Commercial leases for public houses are subject to the general rules governing commercial leases. They benefit from the status of the 1953 decree, provided that they are commercial in nature and constitute a genuine commercial enterprise. The statute applies to all public houses, although there are some specific rules relating to the form and content of the lease and the special conversion option.
Duration of the commercial lease
Commercial leases are subject to the general rules governing commercial leases set out in the 1953 decree.
As the rules governing commercial leases are a matter of public policy, they are binding on the parties to the lease of the commercial premises of the public house, particularly as regards the term, which is intended to guarantee stability for the trader.

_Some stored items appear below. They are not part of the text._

-- ===== src/Validator/Soundness.antt =====
-- What a buffer that is found `Valid` looks like.
use Prim.Native.Nat.{bit_and}
use nexus_key.Base.{ℕ, ◌≤◌, ◌≡◌, ◌≢◌, ◌⊎◌, Bool, true, some, List, [], ◌++◌, length, drop, all}
use nexus_key.State.{CharState, is_vowel}
use nexus_key.Phonology.Keys.{get_allowed_finals}
use nexus_key.Phonology.VowelTable.{find_vowel}
use nexus_key.Validator.Consonants.{
  parse_final_consonant, final_consonant_bit, is_stop_final, get_tone,
}
use nexus_key.Validator.Nucleus.{nucleus_key}
use nexus_key.Validator.Decomposition.{valid, is_stop_tone, validate_decomposition}
use nexus_key.Validator.Initial.{IsInitial}

-- A final consonant that the nucleus allows, under a tone that the final allows.
pub record IsFinal (states tail : List CharState) (key : ℕ) : Type 0 where
  pub whole : parse_final_consonant tail ≡ length tail
  pub allowed :
      (get_allowed_finals key ≡ 0)
      ⊎ (final_consonant_bit tail (parse_final_consonant tail) ≡ 0)
      ⊎ (bit_and (get_allowed_finals key) (final_consonant_bit tail (parse_final_consonant tail))
          ≢ 0)
  pub tone :
      is_stop_final tail (parse_final_consonant tail) ≡ true → is_stop_tone (get_tone states) ≡ true

-- After an initial consonant of `n` states stands a nucleus of the table, and after that nothing,
-- or, where the table allows it, a final consonant.
pub record IsSyllable (states : List CharState) (n : ℕ) : Type 0 where
  pub vowels : List CharState
  pub tail : List CharState
  pub key : ℕ
  pub can_end : Bool
  pub parts : drop n states ≡ vowels ++ tail
  pub all_vowels : all is_vowel vowels ≡ true
  pub encoded : nucleus_key vowels ≡ some key
  pub in_table : find_vowel key ≡ some can_end
  pub final : (tail ≡ []) ⊎ ((can_end ≡ true) × IsFinal states tail key)

-- Some reading of the initial consonant, of at most three states, is found valid.
abbrev HasReading : Bool → List CharState → Type 0
HasReading zwjf states =
    (n : ℕ) × (n ≤ 3) × IsInitial zwjf states n × (validate_decomposition states n ≡ valid)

As no derogation is possible (apart from a derogatory lease), the lease of the premises is therefore for a term of nine years. However, in accordance with the provisions of articles L 145-4 and L 145-9 of the French Commercial Code, the lessee will have the option of giving notice of termination at the end of each three-year period, by bailiff's writ sent to the lessor at least six months before the end of the three-year period.
The lessee also has the right to renew the lease.
Form of commercial lease
Article 504 of the General Tax Code requires pubs to have a written lease, and more specifically, a notarial deed. This article states that "it is forbidden for publicans to conceal drinks in their homes or elsewhere, and for all owners or principal tenants to allow drinks belonging to publicans to enter their homes, unless there is a lease by deed for the cellars, storerooms, shops and other places where the said drinks are kept".
It is therefore important for the tenant and the owner not to be satisfied with a simple private lease, but to have the lease drawn up by notarial act. Admittedly, this is a purely fiscal obligation, which enables the indirect taxation authorities to know with certainty the premises of the lessees and to avoid fraud. However, according to established case law, the owner of the premises is presumed to be the owner of the drinks stored there, and only an authenticated lease will destroy this presumption, thereby protecting the owner from any prosecution for fraudulent handling of drinks or undeclared or prohibited drinks.
It is also important to bear in mind the qualities of an authentic deed compared with a private deed.
Firstly, an authentic instrument has probative value. Article 1319 of the Civil Code defines the value of an authentic instrument as a form of evidence in the following terms: "an authentic instrument is full proof of the agreement it contains". The deed can only be challenged by a very cumbersome procedure: registration of forgery.
The authentic instrument is authentic both with regard to the contracting parties and their heirs or assigns, and with regard to third parties.
In addition, the authentic instrument is enforceable.
This means that, on production of a copy bearing the executory clause, the police can be called in and the measures provided for by law can be carried out directly.
Creditors are therefore advised to have a notarial deed drawn up rather than a private document if they wish to protect themselves against any default by their debtor.
Conversion option
With a view to combating alcoholism by reducing the number of public houses, the legislature has introduced a highly original provision designed to encourage the conversion of public houses into other businesses, without the need for the owner's consent. Article L. 3331-6 of the French Public Health Code states that "The owner of premises given over to the public for use as a public house may convert the premises into another business without the owner's consent.The owner of a leased premises may not, notwithstanding any agreement to the contrary, even if entered into previously, oppose the conversion, by the lessee or the transferee of the right to the lease, of a 3rd or 4th category public house, either into a 1st or 2nd category public house, or into another business, provided, however, that this does not result in inconveniences for the building, its inhabitants or the neighbourhood that are greater than those resulting from the operation of the business that has been closed."
If a third or fourth category premises(licence 3 or licence 4) can be converted into any other business, this can only be done insofar as this new activity does not present "greater inconvenience for the building, its inhabitants or the neighbourhood than that resulting from the business that is being closed down".
Where a public house meets the conditions set out in article L. 3336-1 of the Public Health Code, and the operator wishes to change his business, he must first notify his landlord of his intention by registered letter with acknowledgement of receipt (failure to do so could result in the termination of his lease). If the landlord agrees, all they have to do is amend the lease. If the landlord considers that the conditions of article L. 3336-1 have not been met, and in particular that the disadvantages of the conversion outweigh those presented by the debit, he will refer the matter to the tribunal de grande instance, which will rule on his objection.
The existence of article L. 3336-1 of the French Public Health Code constitutes an advantage that goes beyond ordinary law for any lessee operating a public house. This legal option to despecialise, which goes so far as to constitute a genuine "free right to transfer the lease" in favour of the lessee, gives the public housekeeper a very privileged position compared with other commercial lessees.
In each case, the judge will have to analyse and compare the disadvantages presented by the existing public house with those that may be presented by the proposed new business, i.e. the disadvantages "likely to damage the buildings or harm the health or peace of their inhabitants or neighbours".